• Exercise: Take the data below. Output it exactly from its first line through the line containing "pub data SpawnError : Type 0 where".

• Provided data:
* * * * *

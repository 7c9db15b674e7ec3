-- ===== src/Agents/Manager.antt =====
-- `AgentManager` of src/agents/manager.ts. The runtimes are of any type with `exited` and `kill`;
-- what a factory makes is its own affair. `spawn` has two parts, since the code awaits the factory
-- between its tests and the entry in the map.
pub mod Spawn
pub mod Lifecycle
mod Tests
use cordyceps.Common.{
  ltb, leb, ◌==◌, if◌then◌else◌, ltb→lt, lt→ltb, leb→le, ==_iff, Bool-cases, Option-cases,
  String-cases, str_eq_refl, str_eq-false, length, get_elem?, take, drop, keep, any, last?,
  length-append, take-append-drop, length-take, length-drop, All, All-append, All-map,
  drop-append_of_le, take-append_of_le, drop-length-append, take-length, append-ne-nil,
  slice-append_of_le, ℕ, zero, suc, ◌+◌, ◌-◌, ◌*◌, ◌/◌, ◌%◌, ◌≤◌, ◌<◌, min, max, String, ◌≡◌, refl,
  sym, ap, ◌∙◌, ◌≢◌, ◌↔◌, ◌⊎◌, inl, inr, Bool, true, false, not, ◌&&◌, ◌||◌, Option, none, some,
  List, [], ◌∷◌, ◌++◌, map-append, append-nil, append_assoc, arith, str_eq, eq_iff, map,
}
use cordyceps.Common.Map
use cordyceps.Common.Map.{Map}
use cordyceps.Common.Text.{Text}
use cordyceps.Drivers.Api.{Driver, DriverMode, DriverProbe, mode_eq}
use cordyceps.Drivers.Registry.{DriverRegistry, resolve, probe, choose_mode}

-- What the manager uses of `AgentRuntime`. `kill` gives the runtime it leaves, and what it throws.
pub record Runtime (A : Type 0) : Type 0 where
  pub exited : A → Bool
  pub kill : A → A × Option Text

-- The arguments of a runtime factory that depend on the request.
pub record FactoryOpts : Type 0 where
  pub id : String
  pub driver : Driver
  pub mode : DriverMode

abbrev pub Factory : Type 0 → Type 0
Factory A = FactoryOpts → A ⊎ Text

-- `created` are the ids of the `agent.created` events.
pub record AgentManager (A : Type 0) : Type 0 where
  pub agents : Map A
  pub runtimes : List (DriverMode × Factory A)
  pub drivers : DriverRegistry
  pub created : List String

-- What `spawn` throws.
pub data SpawnError : Type 0 where
  unknown_driver : String → SpawnError
  not_available : String → SpawnError
  no_runtime : String → SpawnError
  no_factory : DriverMode → SpawnError
  id_in_use : String → SpawnError
  factory_failed : Text → SpawnError

-- `mode` is `profile.mode`.
pub record SpawnOptions : Type 0 where
  pub id : Option String
  pub mode : Option DriverMode

pub data RemoveResult : Type 0 where
  removed absent still_running : RemoveResult

module _ {A : Type 0} where
  unfoldable pub find_factory : DriverMode → List (DriverMode × Factory A) → Option (Factory A)
  find_factory m [] = none
  find_factory m ((k, f) ∷ fs) = if mode_eq k m then some f else find_factory m fs

  unfoldable pub registered_modes : List (DriverMode × Factory A) → List DriverMode
  registered_modes [] = []
  registered_modes ((k, f) ∷ fs) = k ∷ registered_modes fs

  unfoldable pub delete_factory :
      DriverMode → List (DriverMode × Factory A) → List (DriverMode × Factory A)
  delete_factory m [] = []
  delete_factory m ((k, f) ∷ fs) =
      let rest = delete_factory m fs in if mode_eq k m then rest else (k, f) ∷ rest

  -- `none` where this throws.
  unfoldable pub register_runtime :
      DriverMode → Factory A → AgentManager A → Option (AgentManager A)
  register_runtime m f g = elim (find_factory m g.runtimes) [
    | some h ↦ none
    | none ↦ some (record g { runtimes = g.runtimes ++ (m, f) ∷ [] })
  ]

  unfoldable pub unregister_runtime : DriverMode → AgentManager A → AgentManager A × Bool
  unregister_runtime m g = (
    record g { runtimes = delete_factory m g.runtimes },
    elim (find_factory m g.runtimes) [ some f ↦ true | none ↦ false ],
  )

  -- The loop over the generated names; `fallback` is the name with the clock's time.
  unfoldable pub unique_name : List String → String → Map A → String
  unique_name [] fallback agents = fallback
  unique_name (n ∷ names) fallback agents =
      let rest = unique_name names fallback agents in if Map.has n agents then rest else n

  -- The tests in front of the factory, in their order. `ask` is the driver's probe; `names` are the
  -- 50 names that the generator would give.
  unfoldable pub pick_id : SpawnOptions → List String → String → Map A → String
  unfolding unique_name
  pick_id o names fallback agents = elim o.id [
    | some id ↦ id
    | none ↦ unique_name names fallback agents
  ]

  unfoldable pub check_id :
      Driver → DriverMode → Factory A → String → Map A → (FactoryOpts × Factory A) ⊎ SpawnError
  check_id d m f id agents =
      if Map.has id agents
      then inr (id_in_use id)
      else inl (record { id = id; driver = d; mode = m }, f)

  unfoldable pub pick_factory :
      Driver → Option DriverMode → String → AgentManager A → (FactoryOpts × Factory A) ⊎ SpawnError
  unfolding check_id
  pick_factory d none id g = inr (no_runtime d.id)
  pick_factory d (some m) id g = elim (find_factory m g.runtimes) [
    | none ↦ inr (no_factory m)
    | some f ↦ check_id d m f id g.agents
  ]

  unfoldable pub check_probe :
      Driver
      → Option DriverProbe
      → SpawnOptions
      → String
      → AgentManager A
      → (FactoryOpts × Factory A) ⊎ SpawnError
  unfolding pick_factory
  check_probe d none o id g = inr (not_available d.id)
  check_probe d (some p) o id g =
      if p.available
      then pick_factory d (choose_mode d o.mode p.supported_modes (registered_modes g.runtimes)) id
          g
      else inr (not_available d.id)

  -- Up to the call of the factory. The probe may be cached by this.
  unfoldable pub begin_spawn :
      (Driver → DriverProbe)
      → String
      → SpawnOptions
      → List String
      → String
      → AgentManager A
      → AgentManager A × ((FactoryOpts × Factory A) ⊎ SpawnError)
  unfolding check_probe pick_id
  begin_spawn ask name o names fallback g = elim (resolve name g.drivers) [
    | none ↦ (g, inr (unknown_driver name))
    | some d ↦
        let (drivers, p) = probe ask d.id false g.drivers in
        let h = record g { drivers = drivers } in
        (h, check_probe d p o (pick_id o names fallback g.agents) h)
  ]

  -- The factory has made the runtime.
  unfoldable pub finish_spawn : FactoryOpts → A → AgentManager A → AgentManager A
  finish_spawn args a g = record g {
    agents = Map.put args.id a g.agents;
    created = g.created ++ args.id ∷ [];
  }

  -- A spawn during which nothing else happens.
  unfoldable pub build :
      AgentManager A
      → (FactoryOpts × Factory A) ⊎ SpawnError
      → AgentManager A × ((String × A) ⊎ SpawnError)
  unfolding finish_spawn
  build g (inr e) = (g, inr e)
  build g (inl (args, f)) = elim (f args) [
    | inl a ↦ (finish_spawn args a g, inl (args.id, a))
    | inr e ↦ (g, inr (factory_failed e))
  ]

  unfoldable pub spawn :
      (Driver → DriverProbe)
      → String
      → SpawnOptions
      → List String
      → String
      → AgentManager A
      → AgentManager A × ((String × A) ⊎ SpawnError)
  unfolding begin_spawn build
  spawn ask name o names fallback g =
      let (h, ticket) = begin_spawn ask name o names fallback g in build h ticket

  -- `Agent not found` is `none`; the text is what the runtime's `kill` throws.
  unfoldable pub kill : Runtime A → String → AgentManager A → Option (AgentManager A × Option Text)
  kill r id g = elim (Map.get id g.agents) [
    | none ↦ none
    | some a ↦ let (b, e) = r.kill a in some (record g { agents = Map.put id b g.agents }, e)
  ]

  unfoldable pub remove : Runtime A → String → AgentManager A → AgentManager A × RemoveResult
  remove r id g = elim (Map.get id g.agents) [
    | none ↦ (g, absent)
    | some a ↦
        if r.exited a
        then (record g { agents = Map.delete id g.agents }, removed)
        else (g, still_running)
  ]

  -- Every agent that has not exited is killed; what this throws is dropped.
  unfoldable pub kill_live : Runtime A → Map A → Map A
  kill_live r [] = []
  kill_live r ((i, a) ∷ as') =
      let rest = kill_live r as' in if r.exited a then (i, a) ∷ rest else (i, (r.kill a).0) ∷ rest

  unfoldable pub kill_all : Runtime A → AgentManager A → AgentManager A
  unfolding kill_live
  kill_all r g = record g { agents = kill_live r g.agents }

* * * * *

• Exercise output:
repository 7c9db15b674e7ec3
-- ===== src/Agents/Manager.antt =====
-- `AgentManager` of src/agents/manager.ts. The runtimes are of any type with `exited` and `kill`;
-- what a factory makes is its own affair. `spawn` has two parts, since the code awaits the factory
-- between its tests and the entry in the map.
pub mod Spawn
pub mod Lifecycle
mod Tests
use cordyceps.Common.{
  ltb, leb, ◌==◌, if◌then◌else◌, ltb→lt, lt→ltb, leb→le, ==_iff, Bool-cases, Option-cases,
  String-cases, str_eq_refl, str_eq-false, length, get_elem?, take, drop, keep, any, last?,
  length-append, take-append-drop, length-take, length-drop, All, All-append, All-map,
  drop-append_of_le, take-append_of_le, drop-length-append, take-length, append-ne-nil,
  slice-append_of_le, ℕ, zero, suc, ◌+◌, ◌-◌, ◌*◌, ◌/◌, ◌%◌, ◌≤◌, ◌<◌, min, max, String, ◌≡◌, refl,
  sym, ap, ◌∙◌, ◌≢◌, ◌↔◌, ◌⊎◌, inl, inr, Bool, true, false, not, ◌&&◌, ◌||◌, Option, none, some,
  List, [], ◌∷◌, ◌++◌, map-append, append-nil, append_assoc, arith, str_eq, eq_iff, map,
}
use cordyceps.Common.Map
use cordyceps.Common.Map.{Map}
use cordyceps.Common.Text.{Text}
use cordyceps.Drivers.Api.{Driver, DriverMode, DriverProbe, mode_eq}
use cordyceps.Drivers.Registry.{DriverRegistry, resolve, probe, choose_mode}

-- What the manager uses of `AgentRuntime`. `kill` gives the runtime it leaves, and what it throws.
pub record Runtime (A : Type 0) : Type 0 where
  pub exited : A → Bool
  pub kill : A → A × Option Text

-- The arguments of a runtime factory that depend on the request.
pub record FactoryOpts : Type 0 where
  pub id : String
  pub driver : Driver
  pub mode : DriverMode

abbrev pub Factory : Type 0 → Type 0
Factory A = FactoryOpts → A ⊎ Text

-- `created` are the ids of the `agent.created` events.
pub record AgentManager (A : Type 0) : Type 0 where
  pub agents : Map A
  pub runtimes : List (DriverMode × Factory A)
  pub drivers : DriverRegistry
  pub created : List String

-- What `spawn` throws.
pub data SpawnError : Type 0 where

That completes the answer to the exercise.